They do look nice, very cheap from eBay £6.99 delivered (uk seller) the only thing that would be a slight negative is the back battery cover unhitches quite easily.


----------



## DoubleShot

That's an odd dosage unless you normally aim for 15g? What size filter basket do you use?

If you can manage to knock the puck out in one piece, you can probably tell just as much about how well a shot you've just pulled looking at the bottom as you can looking at the top.

Do like those square shot glasses. From Bella Barista? Fatcapp also uses them.

Do you time your shots? Looked a tad fast from that video. Also left spout poured first so perhaps not a completely level tamp?


----------



## owain

I was using 14g but just tried 15g while I'm playing about, it's the double basket that came with the Rancilio, I had the glasses from Amazon, I didn't time that one as I was watching for the weight.


----------



## owain

That's the puck


----------



## owain




----------



## DoubleShot

Puck looks pretty good. Very little dark patches which normally indicates over-extracted (I think?)


----------



## owain

This is 14 grams I tried to stop on 28 grams of espresso but as you can see it went a little over, I think the speed is down to it being pre-ground and perhaps a little coarse though it is only a single shot, this tastes much more fruity less bitter I guess meaning you were right about the over extraction on the 15g one, again a nice temperature.


----------



## urbanbumpkin

Was that a 17 sec shot?


----------



## h1udd

That's pre ground for you, it's never fine enough


----------



## TomBurtonArt

owain said:


> This is 14 grams I tried to stop on 28 grams of espresso but as you can see it went a little over, I think the speed is down to it being pre-ground and perhaps a little coarse though it is only a single shot, this tastes much more fruity less bitter I guess meaning you were right about the over extraction on the 15g one, again a nice temperature.


Are you still hand grinding?

Can you get it ground finer?

Your shots are running fast, want to aim for 27-30secs as a general rule (although if 17 tastes better, stick with it).


----------



## owain

TomBurtonArt said:


> Are you still hand grinding?
> 
> Can you get it ground finer?
> 
> Your shots are running fast, want to aim for 27-30secs as a general rule (although if 17 tastes better, stick with it).
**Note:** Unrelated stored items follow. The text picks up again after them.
-- ===== src/Config/Resolve.antt =====
-- src/config/resolve.rs: `resolve` and what it calls. The default configuration as a table, the reading of
-- the file, the TOML parser, `parse::<f64>()` and the typed reading of the merged table are arguments.
pub mod Precedence
use automated_flywheel_setup.Base.{
  ℕ, String, Bool, true, false, ◌||◌, Option, none, some, List, [], ◌∷◌, ◌++◌, ◌==ₛ◌, concat,
  as_bytes, has_text, strip_prefix, pieces, get_elem?, unwrap_or, ltb, map, ◌^◌, ◌-◌, if◌then◌else◌,
  ◌⊎◌, inl, inr,
}
use automated_flywheel_setup.Base.Int.{ℤ, as_i64}
use automated_flywheel_setup.Reporting.Diff.{bytes_ltb}
use automated_flywheel_setup.Config.Toml.{Scalar, Value, scalar, Table, table, set_parts, flatten}
use automated_flywheel_setup.Config.Scalars.{parse_scalar, env_name_for}

pub data Source : Type 0 where
  default : Source
  file : Source
  env : Source
  cli : Source

pub record CliOverrides : Type 0 where
  pub parallel : Option String
  pub timeout_seconds : Option ℕ
  pub fail_fast : Option Bool
  pub image : Option String
  pub data_dir : Option String
  pub acfs_repo : Option String
  pub remediation_mode : Option String
  pub allow_file_urls : Option Bool
  pub log_level : Option String

-- The values of a dotted key, in the order in which they are set.
abbrev pub Assignments : Type 0
Assignments = List (String × Value)

-- `if let Some(a) = flag { v.push(..) }`
abbrev pub flag : {A : Type 0} → (A → Scalar) → String → Option A → Assignments → Assignments
flag read key none rest = rest
flag read key (some a) rest = (key, scalar (read a)) ∷ rest

-- `CliOverrides::entries`
unfoldable pub entries : (String → Bool) → CliOverrides → Assignments
unfolding parse_scalar
entries is_float c = flag (parse_scalar is_float) "execution.parallel" c.parallel (
    flag (λ (t : ℕ). Scalar.integer (as_i64 t)) "docker.timeout_seconds" c.timeout_seconds
      (flag Scalar.boolean "execution.fail_fast" c.fail_fast (
        flag Scalar.string "docker.image" c.image (
          flag Scalar.string "general.data_dir" c.data_dir (
            flag Scalar.string "general.acfs_repo" c.acfs_repo (
              flag Scalar.string "remediation.mode" c.remediation_mode (
                flag Scalar.boolean "general.allow_file_urls" c.allow_file_urls
                  (flag Scalar.string "general.log_level" c.log_level []))))))))

-- `set_path`
unfoldable pub set_path : Table → String → Value → Table
unfolding pieces set_parts
set_path root key value = set_parts (pieces 46 key) value root

-- `known_keys`, of the default configuration
unfoldable pub known_keys : Table → List String
unfolding flatten
known_keys defaults = map (λ (a : String × Value). a.0) (flatten "" (table defaults))

-- `INSTALLER_OVERRIDE_KEYS`
abbrev pub installer_override_keys : List String
installer_override_keys =
    "timeout_seconds" ∷ "retry" ∷ "interpreter" ∷ "args" ∷ "env" ∷ "skip" ∷ "skip_reason"
    ∷ "expect_binary" ∷ "verify_cmd" ∷ "version_cmd" ∷ "run_as_root" ∷ "memory_limit" ∷ "network"
    ∷ []

-- The field behind `installers.<name>.`, the second of the pieces.
abbrev pub is_override : Option String → Bool
is_override none = false
is_override (some rest) =
    has_text installer_override_keys (unwrap_or (get_elem? (pieces 46 rest) 1) "")

unfoldable pub is_known : Table → String → Bool
unfolding known_keys strip_prefix pieces
is_known defaults key =
    has_text (known_keys defaults) key || is_override (strip_prefix key "installers.")

abbrev text_ltb : String → String → Bool
text_ltb a b = bytes_ltb (as_bytes a) (as_bytes b)

unfoldable pub insert_key : String → List String → List String
unfolding bytes_ltb as_bytes
insert_key k [] = k ∷ []
insert_key k (x ∷ xs) =
    let later = insert_key k xs in if text_ltb x k then x ∷ later else k ∷ x ∷ xs

-- The keys that are not known, sorted.
unfoldable pub unknown_among : Table → Assignments → List String
unfolding is_known insert_key
unknown_among defaults [] = []
unknown_among defaults ((key, value) ∷ rest) =
    let later = unknown_among defaults rest in
    if is_known defaults key then later else insert_key key later

-- `unknown_keys`
unfoldable pub unknown_keys : Table → Table → List String
unfolding unknown_among flatten
unknown_keys defaults raw = unknown_among defaults (flatten "" (table raw))

-- `merged` and `sources`
pub record Merged : Type 0 where
  pub root : Table
  pub sources : List (String × Source)

-- `sources.insert`, in front of the older entries
unfoldable pub assign : Source → Merged → String × Value → Merged
unfolding set_path
assign source m (key, value) = record {
  root = set_path m.root key value;
  sources = (key, source) ∷ m.sources;
}

unfoldable pub assign_all : Source → Assignments → Merged → Merged
unfolding assign
assign_all source [] m = m
assign_all source (a ∷ rest) m = assign_all source rest (assign source m a)

-- `sources.get`
unfoldable pub find_source : String → List (String × Source) → Option Source
find_source key [] = none
find_source key ((k, source) ∷ rest) =
    let later = find_source key rest in if k ==ₛ key then some source else later

-- The environment by name
abbrev pub from_env : (String → Bool) → String → Option String → Assignments → Assignments
from_env is_float key none rest = rest
from_env is_float key (some raw) rest = (key, scalar (parse_scalar is_float raw)) ∷ rest

-- The variables of known keys
unfoldable pub env_entries : (String → Bool) → (String → Option String) → List String → Assignments
unfolding env_name_for parse_scalar
env_entries is_float variables [] = []
env_entries is_float variables (key ∷ keys) =
    from_env is_float key (variables (env_name_for key)) (env_entries is_float variables keys)

-- What is outside: the file system, the parser of the file and of floats, the typed reading.
pub record Outside {ℓ} (C : Type ℓ) : Type ℓ where
  pub read_to_string : String → Option String
  pub from_str : String → Option Table
  pub is_float : String → Bool
  pub try_into : Table → Option C

pub record Settings {ℓ} (C : Type ℓ) : Type ℓ where
  pub config : C
  pub sources : List (String × Source)
  pub unknown_keys : List String
  pub config_path : Option String

abbrev pub parsed : String → Option Table → String ⊎ Table
parsed p none = inl (concat ("Failed to parse config file: " ∷ p ∷ []))
parsed p (some t) = inr t

abbrev pub path_error : Option String → String
path_error none = "Failed to resolve configuration"
path_error (some p) = concat ("Failed to parse config file: " ∷ p ∷ [])

module _ {ℓ} {C : Type ℓ} where
  -- `Settings::source_of`
  unfoldable pub source_of : Settings C → String → Source
  unfolding find_source
  source_of s key = unwrap_or (find_source key s.sources) Source.default

  abbrev pub parse_content : Outside C → String → Option String → String ⊎ Table
  parse_content o p none = inl (concat ("Failed to read config file: " ∷ p ∷ []))
  parse_content o p (some content) = parsed p (o.from_str content)

  -- `load_raw`
  abbrev pub load_raw : Outside C → Option String → String ⊎ Table
  load_raw o none = inr Table.empty
  load_raw o (some p) = parse_content o p (o.read_to_string p)

  -- The tables and the sources in the order of `resolve`: defaults, file, environment, flags.
  unfoldable pub merge :
      Outside C → Table → Table → (String → Option String) → CliOverrides → Merged
  unfolding assign_all env_entries entries known_keys flatten
  merge o defaults raw variables c = assign_all Source.cli (entries o.is_float c) (
      assign_all Source.env (env_entries o.is_float variables (known_keys defaults)) (
        assign_all Source.file (flatten "" (table raw)) (record { root = defaults; sources = [] })))

  abbrev pub settled : Option String → List String → Merged → Option C → String ⊎ Settings C
  settled path unknown m none = inl (path_error path)
  settled path unknown m (some c) =
      inr (record { config = c; sources = m.sources; unknown_keys = unknown; config_path = path })

  abbrev pub from_raw :
      Outside C
      → Table
      → Option String
      → (String → Option String)
      → CliOverrides
      → String ⊎ Table
      → String ⊎ Settings C
  from_raw o defaults path variables c (inl error) = inl error
  from_raw o defaults path variables c (inr raw) =
      let m = merge o defaults raw variables c in
      settled path (unknown_keys defaults raw) m (o.try_into m.root)

  -- `resolve`
  unfoldable pub resolve :
      Outside C
      → Table
      → Option String
      → (String → Option String)
      → CliOverrides
      → String ⊎ Settings C
  unfolding merge unknown_keys
  resolve o defaults path variables c = from_raw o defaults path variables c (load_raw o path)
Yeah I just ran out of beans so was using the pre-ground, I'll hand grind some later as I've just been shopping


----------



## owain

urbanbumpkin said:


> Was that a 17 sec shot?


Yeah was 17 seconds


----------



## urbanbumpkin

owain said:


> Yeah was 17 seconds


If you can grind finer aim for somewhere in the 25-35sec bracket.


----------



## owain

urbanbumpkin said:


> If you can grind finer aim for somewhere in the 25-35sec bracket.


Yeah I just bought some beans earlier until my order from coffee compass arrives, that was pre-ground in the video ?


----------



## DoubleShot

Avoid pre-ground if possible. Likely to go stale very quickly once opened.


----------



## owain

This is using my fresh beans from coffee compass


----------



## owain




----------



## owain

Loved how this tasted smooth deep, but not acrid now I've got the grind right


----------



## owain

My new knock box


----------



## hotmetal

Owain I have the exact same Motta chrome knock box. Pure class! Better get the cloth out though ha ha ha!


----------



## owain

hotmetal said:


> Owain I have the exact same Motta chrome knock box. Pure class! Better get the cloth out though ha ha ha!
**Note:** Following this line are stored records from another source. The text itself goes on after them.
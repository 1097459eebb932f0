-- ===== src/Config/Resolve/Precedence.antt =====
-- src/config/resolve.rs: which value of a key wins.
use automated_flywheel_setup.Base.{
  String, ◌≡◌, refl, sym, ap, ◌∙◌, eq_iff, arith, Bool-cases, true, Option, none, some, List, [],
  ◌∷◌, ◌==ₛ◌, pieces, pieces-cons, All, unwrap_or, if◌then◌else◌, ◌⊎◌, inl, inr,
}
use automated_flywheel_setup.Config.Toml.{
  Value, Table, table, flatten, get_parts, IsApart, get_parts-set_parts, get_parts-set_parts_apart,
}
use automated_flywheel_setup.Config.Resolve.{
  Source, CliOverrides, Assignments, entries, set_path, known_keys, unknown_keys, Merged, assign,
  assign_all, find_source, env_entries, Outside, Settings, source_of, load_raw, merge, settled,
  from_raw, resolve,
}

-- What stands at a dotted key.
unfoldable pub get_path : Table → String → Option Value
unfolding pieces get_parts
get_path root key = get_parts (pieces 46 key) root

abbrev or_later : Option Value → Option Value → Option Value
or_later none own = own
or_later (some later) own = some later

-- The last value that a list gives a key.
unfoldable pub last_of : String → Assignments → Option Value
last_of key [] = none
last_of key ((k, value) ∷ rest) =
    let later = last_of key rest in or_later later (if k ==ₛ key then some value else none)

-- An assignment that sets the key itself or keeps clear of it.
abbrev pub Fits : String → String × Value → Type 0
Fits key a = ((a.0 ==ₛ key) ≡ true) ⊎ IsApart (pieces 46 a.0) (pieces 46 key)

-- What a key has: its value and its source.
abbrev pub At : Type 0
At = Option Value × Source

abbrev pub over : Option Value → Source → At → At
over none source below = below
over (some value) source below = (some value, source)

abbrev at : String → Merged → At
at key m = (get_path m.root key, unwrap_or (find_source key m.sources) Source.default)

-- A key that was set has the value.
get_path-set_path :
    (root : Table) (key : String) (value : Value)
    → get_path (set_path root key value) key ≡ some value
unfolding get_path set_path
get_path-set_path root key value =
    let (p, ps, e) = pieces-cons 46 key in rw e (get_parts-set_parts ps p value root)

get_path-set_path_apart :
    (root : Table) (k key : String) (value : Value)
    → IsApart (pieces 46 k) (pieces 46 key)
    → get_path (set_path root k value) key ≡ get_path root key
unfolding get_path set_path
get_path-set_path_apart root k key value apart =
    get_parts-set_parts_apart (pieces 46 k) (pieces 46 key) value root apart

at-assign :
    (source : Source) (m : Merged) (key k : String) (value : Value)
    → Fits key (k, value)
    → at key (assign source m (k, value))
      ≡ over (if k ==ₛ key then some value else none) source (at key m)
unfolding assign find_source
at-assign source m key k value fits = elim (Bool-cases (k ==ₛ key)) [
  | inl same ↦
      let e : k ≡ key = (eq_iff k key).0 same in
      simp same (
        ap (λ (o : Option Value). (o, source))
          (ap (λ (x : String). get_path (set_path m.root x value) key) e
            ∙ get_path-set_path m.root key value))
  | inr other ↦ elim fits [
    | inl same ↦ ground arith
    | inr apart ↦ simp other (
        ap (λ (o : Option Value). (o, unwrap_or (find_source key m.sources) Source.default))
          (get_path-set_path_apart m.root k key value apart))
  ]
]

over-or_later :
    (later own : Option Value) (source : Source) (below : At)
    → over later source (over own source below) ≡ over (or_later later own) source below
over-or_later none own source below = refl
over-or_later (some v) own source below = refl

at-assign_all :
    (source : Source) (l : Assignments) (m : Merged) (key : String)
    → All (Fits key) l
    → at key (assign_all source l m) ≡ over (last_of key l) source (at key m)
unfolding assign_all last_of
at-assign_all source [] m key fit = refl
at-assign_all source ((k, value) ∷ rest) m key (fits, fit) =
    at-assign_all source rest (assign source m (k, value)) key fit
    ∙ ap (over (last_of key rest) source) (at-assign source m key k value fits)
    ∙ over-or_later (last_of key rest) (if k ==ₛ key then some value else none) source (at key m)

-- What each source gives a key, the strongest first.
pub record Given : Type 0 where
  pub by_cli : Option Value
  pub by_env : Option Value
  pub by_file : Option Value
  pub by_default : Option Value

-- The first source that gives the key a value.
abbrev pub strongest : Given → At
strongest g =
    over g.by_cli Source.cli
      (over g.by_env Source.env (over g.by_file Source.file (g.by_default, Source.default)))

module _ {ℓ} {C : Type ℓ} where
  -- What the sources of one resolution give a key.
  abbrev pub given :
      Outside C → Table → Table → (String → Option String) → CliOverrides → String → Given
  given o defaults raw variables c key = record {
    by_cli = last_of key (entries o.is_float c);
    by_env = last_of key (env_entries o.is_float variables (known_keys defaults));
    by_file = last_of key (flatten "" (table raw));
    by_default = get_path defaults key;
  }

  -- Every assignment of the resolution fits the key.
  abbrev pub AllFit :
      Outside C → Table → Table → (String → Option String) → CliOverrides → String → Type 0
  AllFit o defaults raw variables c key =
      All (Fits key) (flatten "" (table raw))
      × All (Fits key) (env_entries o.is_float variables (known_keys defaults))
      × All (Fits key) (entries o.is_float c)

  at-merge :
      (o : Outside C) (defaults raw : Table) (variables : String → Option String) (c : CliOverrides)
      (key : String)
      → AllFit o defaults raw variables c key
      → at key (merge o defaults raw variables c) ≡ strongest (given o defaults raw variables c key)
  unfolding merge find_source
  at-merge o defaults raw variables c key (in_file, in_env, in_cli) =
      at-assign_all Source.cli (entries o.is_float c) _ key in_cli
      ∙ ap (over (last_of key (entries o.is_float c)) Source.cli) (
          at-assign_all Source.env (env_entries o.is_float variables (known_keys defaults)) _ key
            in_env
          ∙ ap
              (over (last_of key (env_entries o.is_float variables (known_keys defaults)))
                Source.env)
              (at-assign_all Source.file (flatten "" (table raw)) _ key in_file))

  settled-inr :
      (path : Option String) (unknown : List String) (m : Merged) (read : Option C) (s : Settings C)
      → settled path unknown m read ≡ inr s
      → (read ≡ some s.config) × (s.sources ≡ m.sources)
  settled-inr path unknown m none s e = ground arith
  settled-inr path unknown m (some config) s e =
      let same : record {
        config = config;
        sources = m.sources;
        unknown_keys = unknown;
        config_path = path;
      }
          ≡ s =
        cc in
      (ap (λ (x : Settings C). some x.config) same, sym (ap (λ (x : Settings C). x.sources) same))

  -- For a run of `resolve` that gives settings from a file whose table is `raw` (the empty one without a
  -- file), and a dotted key such that every key that the file, a variable or a flag sets is that key or
  -- neither lies within the other: the configuration is the typed reading of a table in which the key has
  -- the value of the last flag for it, else that of its variable, else that of the file, else the
  -- default, and the source that is shown for the key is that very source.
  pub resolve-strongest :
      (o : Outside C) (defaults raw : Table) (path : Option String)
      (variables : String → Option String) (c : CliOverrides) (s : Settings C) (key : String)
      → load_raw o path ≡ inr raw
      → resolve o defaults path variables c ≡ inr s
      → AllFit o defaults raw variables c key
      → (root : Table) × (o.try_into root ≡ some s.config)
        × ((get_path root key, source_of s key) ≡ strongest (given o defaults raw variables c key))
  unfolding resolve source_of
  resolve-strongest o defaults raw path variables c s key loaded e fit =
      let m = merge o defaults raw variables c in
      let e' : from_raw o defaults path variables c (inr raw) ≡ inr s =
        ap (from_raw o defaults path variables c) (sym loaded) ∙ e in
      let (read, same) = settled-inr path (unknown_keys defaults raw) m (o.try_into m.root) s e' in
      (
        m.root,
        read,
        ap
              (λ (l : List (String × Source)).
                (get_path m.root key, unwrap_or (find_source key l) Source.default))
              same
            ∙ at-merge o defaults raw variables c key fit,
      )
A bit of a bargain on eBay unused £20.99 delivered. It still has the bella barista receipt in the box for £35


----------



## hotmetal

Result! I win though - got mine as a birthday present!


----------



## DoubleShot

First thought that springs to mind with chrome items that come into contact with water etc, is that you'll be forever spending time having to buff them with a microfibre or similar if you don't wish to see unsightly dried water marks.

They look nice in photos but not always that practical in use and that's coming from someone who's not afraid to religiously clean stuff!


----------



## owain

I was tempted by this I have to be honest, I love that it's hand crafted


----------



## hotmetal

Well you're right DS. But better skankiness that you can see and eradicate than disguised grimness that lurks almost undetected on your knock box ?? # shudder ??
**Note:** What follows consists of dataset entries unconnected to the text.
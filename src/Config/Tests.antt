-- ===== src/Config/Tests.antt =====
-- Runs of src/config/resolve.rs at concrete files, variables and flags.
use automated_flywheel_setup.Base.{
  String, ◌≡◌, refl, pieces, true, false, Option, none, some, [], ◌∷◌, ◌==ₛ◌, if◌then◌else◌, inl,
  inr,
}
use automated_flywheel_setup.Base.Int.{pos, negsuc}
use automated_flywheel_setup.Config.Toml.{
  Scalar, Value, scalar, Table, empty, entry, table, flatten,
}
use automated_flywheel_setup.Config.Scalars.{parse_scalar, env_name_for}
use automated_flywheel_setup.Config.Resolve.{
  Source, CliOverrides, Outside, Settings, resolve, entries, known_keys, env_entries, source_of,
}
use automated_flywheel_setup.Config.Resolve.Precedence.{
  get_path, last_of, strongest, given, resolve-strongest,
}

parse_number : parse_scalar (λ (_ : String). true) " -42 " ≡ Scalar.integer (negsuc 41)
unfolding parse_scalar
parse_number = refl

parse_float : parse_scalar (λ (_ : String). true) "1.5" ≡ Scalar.float "1.5"
unfolding parse_scalar
parse_float = refl

parse_boolean : parse_scalar (λ (_ : String). false) "True" ≡ Scalar.boolean true
unfolding parse_scalar
parse_boolean = refl

env_name : env_name_for "docker.timeout_seconds" ≡ "AFSC_DOCKER_TIMEOUT_SECONDS"
unfolding env_name_for
env_name = refl

abbrev text : String → Value
text s = scalar (Scalar.string s)

abbrev defaults : Table
defaults =
    entry "docker"
      (table (entry "image" (text "afsc-base:latest") (entry "network" (text "bridge") empty)))
      (entry "execution" (table (entry "parallel" (scalar (Scalar.integer (pos 1))) empty)) empty)

abbrev raw : Table
raw =
    entry "docker" (table (entry "image" (text "ubuntu:22.04") empty))
      (entry "execution" (table (entry "parallel" (scalar (Scalar.integer (pos 2))) empty)) empty)

abbrev outside : Outside Table
outside = record {
  read_to_string = λ (p : String). some p;
  from_str = λ (s : String). some raw;
  is_float = λ (s : String). false;
  try_into = λ (t : Table). some t;
}

abbrev variables : String → Option String
variables name = if name ==ₛ "AFSC_DOCKER_IMAGE" then some "ubuntu:24.04" else none

abbrev flags : CliOverrides
flags = record {
  parallel = some "4";
  timeout_seconds = none;
  fail_fast = none;
  image = none;
  data_dir = none;
  acfs_repo = none;
  remediation_mode = none;
  allow_file_urls = none;
  log_level = none;
}

abbrev merged : Table
merged =
    entry "docker"
      (table (entry "image" (text "ubuntu:24.04") (entry "network" (text "bridge") empty)))
      (entry "execution" (table (entry "parallel" (scalar (Scalar.integer (pos 4))) empty)) empty)

abbrev settings : Settings Table
settings = record {
  config = merged;
  sources =
      ("execution.parallel", Source.cli)
      ∷ ("docker.image", Source.env)
      ∷ ("execution.parallel", Source.file)
      ∷ ("docker.image", Source.file)
      ∷ [];
  unknown_keys = [];
  config_path = some "afsc.toml";
}

resolved : resolve outside defaults (some "afsc.toml") variables flags ≡ inr settings
unfolding resolve
resolved = refl

resolve-strongest_example :
    (root : Table) × (some root ≡ some merged)
    × ((get_path root "docker.image", source_of settings "docker.image")
        ≡ strongest (given outside defaults raw variables flags "docker.image"))
unfolding flatten env_entries entries known_keys pieces
resolve-strongest_example =
    resolve-strongest outside defaults raw (some "afsc.toml") variables flags settings
      "docker.image" refl resolved ((inl refl, (inr tt, tt)), (inl refl, tt), (inr tt, tt))

given_image :
    strongest (given outside defaults raw variables flags "docker.image")
    ≡ (some (text "ubuntu:24.04"), Source.env)
unfolding last_of flatten env_entries entries known_keys get_path
given_image = refl
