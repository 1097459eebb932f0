-- ===== src/Exit.antt =====
-- src/error.rs: the errors of the commands, their exit codes, and which of them are printed.
use automated_flywheel_setup.Base.{ℕ, String, Bool, true, false}

pub data Signal : Type 0 where
  interrupt terminate : Signal

-- `AfscError`; an `anyhow::Error` is its text.
pub data AfscError : Type 0 where
  usage : String → AfscError
  config : String → AfscError
  infra : String → AfscError
  installer_failures : (failed total : ℕ) → AfscError
  validation_drift : String → AfscError
  checksums_invalid : String → AfscError
  interrupted : Signal → AfscError
  other : String → AfscError

unfoldable pub exit_code : AfscError → ℕ
exit_code (usage _) = 2
exit_code (config _) = 2
exit_code (checksums_invalid _) = 2
exit_code (infra _) = 3
exit_code (installer_failures _ _) = 1
exit_code (validation_drift _) = 4
exit_code (interrupted interrupt) = 130
exit_code (interrupted terminate) = 143
exit_code (other _) = 1

unfoldable pub is_silent : AfscError → Bool
is_silent (installer_failures _ _) = true
is_silent (validation_drift _) = true
is_silent (checksums_invalid _) = true
is_silent _ = false
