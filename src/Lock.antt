-- ===== src/Lock.antt =====
-- src/lock.rs: the run lock. Each system call is one atomic step of a process on the lock file, so
-- that an interleaving of processes is a list of process numbers.
pub mod Exclusive
pub mod Stale
mod Tests
use automated_flywheel_setup.Base.{
  ℕ, Bool, true, false, ◌&&◌, not, Option, none, some, List, [], ◌∷◌, eqb, ltb, zero, suc,
  if◌then◌else◌,
}

-- What the lock file holds: nothing yet, as between its creation by a process and the write; no number
-- on its first line; or the number of a process.
pub data Content : Type 0 where
  unwritten : (creator : ℕ) → Content
  garbage : Content
  owned_by : ℕ → Content

-- Where a process is in `try_acquire`, with the rounds of the loop that are left behind this one.
pub data Place : Type 0 where
  outside : Place
  -- about to open with `create_new`
  opening : (left : ℕ) → Place
  -- the file exists: about to read the holder
  reading : (left : ℕ) → Place
  -- the holder is stale: about to remove the file
  removing : (left : ℕ) → Place
  -- created the file: about to write its number
  writing : Place
  -- returned a `RunLock`
  holding : Place
  -- returned the holder
  refused : ℕ → Place
  -- lost twice: about to read whoever holds it
  reporting : Place

pub record System : Type 0 where
  pub file : Option Content
  pub place : ℕ → Place

module _ (alive : ℕ → Bool) where
  -- `pid_alive`
  unfoldable pub pid_alive : ℕ → Bool
  pid_alive pid = if eqb pid 0 then false else alive pid

  -- The next round of the loop, or its end.
  abbrev pub next_round : ℕ → Place
  next_round zero = reporting
  next_round (suc left) = opening left

  -- `match holder`, on what `read_holder` found
  unfoldable pub on_holder : ℕ → Option Content → Place
  on_holder left (some (owned_by h)) = if pid_alive h then refused h else removing left
  on_holder left _ = removing left

  -- The holder that is reported behind the loop.
  abbrev pub reported : Option Content → ℕ
  reported (some (owned_by h)) = h
  reported _ = 0

  -- A write goes to the file that the process created, which may be gone from the path.
  abbrev pub written : ℕ → Option Content → Option Content
  written pid (some (unwritten creator)) =
      if eqb creator pid then some (owned_by pid) else some (unwritten creator)
  written pid file = file

  -- One system call of the process `pid` at a place, on the file at the path.
  unfoldable pub call : ℕ → Place → Option Content → Place × Option Content
  unfolding on_holder
  call pid outside file = (opening 1, file)
  call pid (opening left) none = (writing, some (unwritten pid))
  call pid (opening left) (some c) = (reading left, some c)
  call pid (reading left) file = (on_holder left file, file)
  call pid (removing left) file = (next_round left, none)
  call pid writing file = (holding, written pid file)
  call pid holding file = (outside, none)
  call pid (refused h) file = (refused h, file)
  call pid reporting file = (refused (reported file), file)

  unfoldable pub step : System → ℕ → System
  step s pid =
      let (place, file) = call pid (s.place pid) s.file in
      record { file = file; place = λ q. if eqb q pid then place else s.place q }

  unfoldable pub run_schedule : System → List ℕ → System
  run_schedule s [] = s
  run_schedule s (pid ∷ pids) = run_schedule (step s pid) pids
I figure I've got a couple of grand worth of hot and shiny coffee gear 'in the line of fire' - a shiny knock box isn't going to push me over the edge! In for a penny...

Dramatic comedy over-exaggeration aside, you have to empty the box anyway - and if you didn't wash it you'd get mould on the inside. All I do is dry it nicely with an e-cloth after washing and *sparkle!* the happy coffee fairy alights thereon and waves her wand approvingly!


----------



## hotmetal

I was originally looking at the wood hand made ones. That was what I was going to buy, though I was a bit worried about the longevity of the wood if it got wet with coffee or being washed frequently. Then the Mrs showed up with the chrome Motta one and said she thought it went better in the kitchen and with my machine.


----------



## DoubleShot

God bless a good wife!


----------



## jenniferferreira

Well this kind of set up is something to aspire to!


----------



## owain

Sent from my iPhone using Tapatalk


----------



## AMCD300

Nice addition - looking good next to the Rancilio...


----------



## Coffeesprinter

I'm leaning more and more towards the Silvia every day. A few months in it looks like you're still really enjoying it. Any regrets at all?


----------



## owain

Coffeesprinter said:


> I'm leaning more and more towards the Silvia every day. A few months in it looks like you're still really enjoying it. Any regrets at all?


No regrets at all, I like the looks, I like how it performs, it's nice and compact, easy to use, solid well built no flimsy parts. It looks easy enough to repair should I need to, spares ate easy to get hold of. Brilliant machine.

It does take a little time to get up to temperature but no longer than any others. I do however want a La Pavoni but will still be keeping the Silvia.


----------



## owain

Some new vintage cups


----------



## owain

Fully modified for single dosing


----------